ByteLevel PreTokenizer → Ensures consistent handling of whitespace. For example, " dog" and "dog" are treated as distinct.
add_prefix_space=True → Preserves leading spaces, which otherwise could get lost.
Vocabulary size = 8192 → Small enough for efficient training, large enough to capture common words and subwords.
min_frequency=16 → Rare patterns are ignored, preventing the vocabulary from bloating with noise.

Encoding the Dataset

Once the tokenizer is trained, the next step is to encode the raw text into token IDs. This step converts every .txt shard that was previously gathered from FineWebEdu into a .npy file of integers.

Why? Because: - Encoding once upfront is faster than re-tokenizing on-the-fly.
- .npy arrays are lightweight and can be memory-mapped during training.
- Smaller storage space on system (~4:1 compression ratio, where assuming 1 byte is needed for each character, assuming 2 bytes per token, reduce storage to 50%)

Example Script

from tokenizers import Tokenizer
import numpy as np, os

tokenizer = Tokenizer.from_file("bpe_8k.json")
tokenizer.model.unk_token = "<UNK>"  # Set unknown token

src_dir, dst_dir = "short_1800", "short_1800_tokens"
os.makedirs(dst_dir, exist_ok=True)

for file in os.listdir(src_dir):
    if file.endswith(".txt"):
        text = open(os.path.join(src_dir, file)).read()
        tokens = np.array(tokenizer.encode(text).ids, dtype=np.uint16)
        np.save(f"{dst_dir}/{file.replace('.txt','.npy')}", tokens)

Notes

We set unk_token = "<UNK>" as a fallback. In practice, almost all text will map cleanly since we used ByteLevel.
Tokens are stored as uint16 because our vocabulary size is < 2**16. This is more memory-efficient than int32 or int64.
For a 10,000 character text file, this typically compresses down to ~2,500 tokens, depending on content.

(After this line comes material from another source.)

-- ===== src/Conditions.antt =====
-- src/airgap_ai_gateway/conditions.py: bounded polling of the conditions of Kubernetes resources.
pub mod Checks
pub mod Poll
pub mod Sound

By the end of this stage, the dataset has gone from raw text → clean shards → token IDs, all ready to be fed into the pretraining pipeline.

Note on Examples: For illustrative purposes in later architecture diagrams, tokenization may be shown at word-level for readability (e.g., ["Hello", "world"] instead of ["He", "llo", " world"]). However, the actual implementation uses BPE subword tokenization as described above.